Fiber rods are the industry’s core barrier and the biggest beneficiary of recent price increases. Only manufacturers with fully autonomous fiber rod technology can fully enjoy the profit elasticity from this price rise.

The second is companies with technological advantages in specialty and hollow-core fibers.

Specialty fibers command higher prices and margins, representing high-value-added segments. Domestic pioneers in mass production and commercialization of hollow-core fibers will gain first-mover advantages in next-generation technology.

The third is companies with strong international expansion capabilities and the ability to circumvent trade barriers.

Due to anti-dumping and tariff policies, domestic nominal capacity is difficult to directly translate into effective capacity in Europe and America. Companies that have preemptively established overseas production bases are more likely to benefit from the current tight global supply-demand situation.

For ongoing industry tracking, three key indicators are essential: first, spot prices of loose fiber; second, expansion moves of leading manufacturers; third, the progress of overseas long-term contracts, which verify the industry’s demand sustainability.

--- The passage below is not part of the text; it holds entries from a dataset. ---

-- ===== src/Configuration/Roundtrip.antt =====
-- A configuration written in the layout of the files is read back.
mod Entries
use airgapped_ai_gateway_k8s.Base.{
  String, ◌≡◌, refl, List, [], ◌∷◌, map, Option, none, some, All, arith, eq_iff,
}
use airgapped_ai_gateway_k8s.Base.Strip.{strip, lstrip, rstrip, is_space}
use airgapped_ai_gateway_k8s.Base.Int.{ℤ}
use airgapped_ai_gateway_k8s.Base.Json.{Value, str, texts, to_list-of_list}
use airgapped_ai_gateway_k8s.Base.Outcome.{Result, ok, traverse}
use airgapped_ai_gateway_k8s.Models.{
  ModelKind, chat, embedding, RouteBackend, agentgateway_backend, kubernetes_service,
  ReferenceGrantMode, same_namespace_only, explicit, ExposureMode, retained_nginx,
  greenfield_direct, GatewaySettings, RateLimitSettings, RegistryImage, RegistrySettings,
  PlatformConfig, ServicePort, ServiceRef, ModelConfig, ConsumerRateLimits, ConsumerConfig,
  GatewayConfig,
}
use airgapped_ai_gateway_k8s.Configuration.Expect.{
  expect_mapping, expect_list, expect_string, expect_bool, expect_int, optional_string,
  optional_int,
}
use airgapped_ai_gateway_k8s.Configuration.Parse.{
  model_kind, route_backend, parse_grant_mode, parse_exposure_mode, parse_image, parse_service_port,
  parse_service, parse_model, parse_rate_limits, parse_allowed_model, parse_consumer,
  parse_baseline, parse_cluster, parse_gateway, parse_rate_limit, parse_registry, parse_platform,
  parse_config,
}
use airgapped_ai_gateway_k8s.Configuration.Stated.{
  IsStated, AreStated, IsAbsentOrStated, ImageStated, PortStated, ServiceStated, ModelStated,
  ConsumerStated, BaselineStated, GatewayStated, RateLimitStated, RegistryStated, PlatformStated,
  ConfigStated,
}
use airgapped_ai_gateway_k8s.Configuration.Written.{
  kind_text, backend_text, grant_text, exposure_text, optional_text_value, optional_int_value,
  image_entry, port_value, service_fields, model_value, limits_value, consumer_value,
  gateway_fields, rate_limit_fields, registry_fields, platform_fields, config_fields,
}
use airgapped_ai_gateway_k8s.Configuration.Roundtrip.Entries.{
  text_read, image_read, traverse_read, grant_stated, grant_read, exposure_stated, exposure_read,
  model_read, consumer_read,
}

baseline_read :
    (p : PlatformConfig)
    → BaselineStated p.baseline
    → parse_baseline (platform_fields p) ≡ ok p.baseline
unfolding parse_baseline
baseline_read p h =
    rw
      (
        text_read p.baseline.agentgateway_version "platform.agentgateway_version"
            h.agentgateway_version,
        text_read p.baseline.gateway_api_version "platform.gateway_api_version"
            h.gateway_api_version,
      )
      refl

gateway_read : (g : GatewaySettings) → GatewayStated g → parse_gateway (gateway_fields g) ≡ ok g
unfolding parse_gateway
gateway_read g h =
    rw
      (
        text_read g.namespace "gateway.namespace" h.namespace,
        text_read g.name "gateway.name" h.name,
        text_read g.hostname_wildcard "gateway.hostname_wildcard" h.hostname_wildcard,
        grant_stated g.reference_grant_mode "gateway.reference_grant_mode",
        grant_read g.reference_grant_mode,
        exposure_stated g.exposure_mode "gateway.exposure_mode",
        exposure_read g.exposure_mode,
      )
      refl

rate_limit_read :
    (r : RateLimitSettings) → RateLimitStated r → parse_rate_limit (rate_limit_fields r) ≡ ok r
unfolding parse_rate_limit expect_bool
rate_limit_read r h =
    rw
      (
        text_read r.namespace "rate_limit.namespace" h.namespace,
        text_read r.service_name "rate_limit.service_name" h.service_name,
      )
      refl

registry_read :
    (r : RegistrySettings) → RegistryStated r → parse_registry (registry_fields r) ≡ ok r
unfolding parse_registry expect_bool expect_list
registry_read r h =
    rw
      (
        text_read r.private_registry "registry.private_registry" h.private_registry,
        to_list-of_list (map image_entry r.images),
        traverse_read ImageStated parse_image image_entry image_read r.images h.images,
      )
      refl

platform_read :
    (c : GatewayConfig)
    → PlatformStated c.platform
    → parse_platform (config_fields c) ≡ ok c.platform
unfolding parse_platform parse_cluster expect_mapping
platform_read c h =
    rw
      (
        text_read c.platform.name "platform.name" h.name,
        baseline_read c.platform h.baseline,
        text_read c.platform.cluster.expected_context "cluster.expected_context" h.context,
        gateway_read c.platform.gateway h.gateway,
        rate_limit_read c.platform.rate_limit h.rate_limit,
        registry_read c.platform.registry h.registry,
        text_read c.platform.confirmation_token "platform.confirmation_token" h.token,
      )
      refl

-- Any configuration of which no required text is blank can be stated in the layout of the files,
-- and what is then read is that configuration, in every field.
pub parse_config-config_fields :
    (c : GatewayConfig) → ConfigStated c → parse_config (config_fields c) ≡ ok c
unfolding parse_config expect_list
parse_config-config_fields c h =
    rw
      (
        platform_read c h.platform,
        to_list-of_list (map model_value c.models),
        traverse_read ModelStated parse_model model_value model_read c.models h.models,
        to_list-of_list (map consumer_value c.consumers),
        traverse_read ConsumerStated parse_consumer consumer_value consumer_read c.consumers
            h.consumers,
      )
      refl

Of course, potential risks include underwhelming global AI investment, faster-than-expected fiber rod capacity expansion, intensified industry competition, and technological shifts like CPO routes.

04 Conclusion

Looking back at the development history of the optical communication industry, every technological revolution has spawned a group of companies with long-term competitiveness. Fiber optic cables not only support the core neural network of global AI infrastructure but also open new growth spaces in military drones, next-generation hollow-core fibers, and more.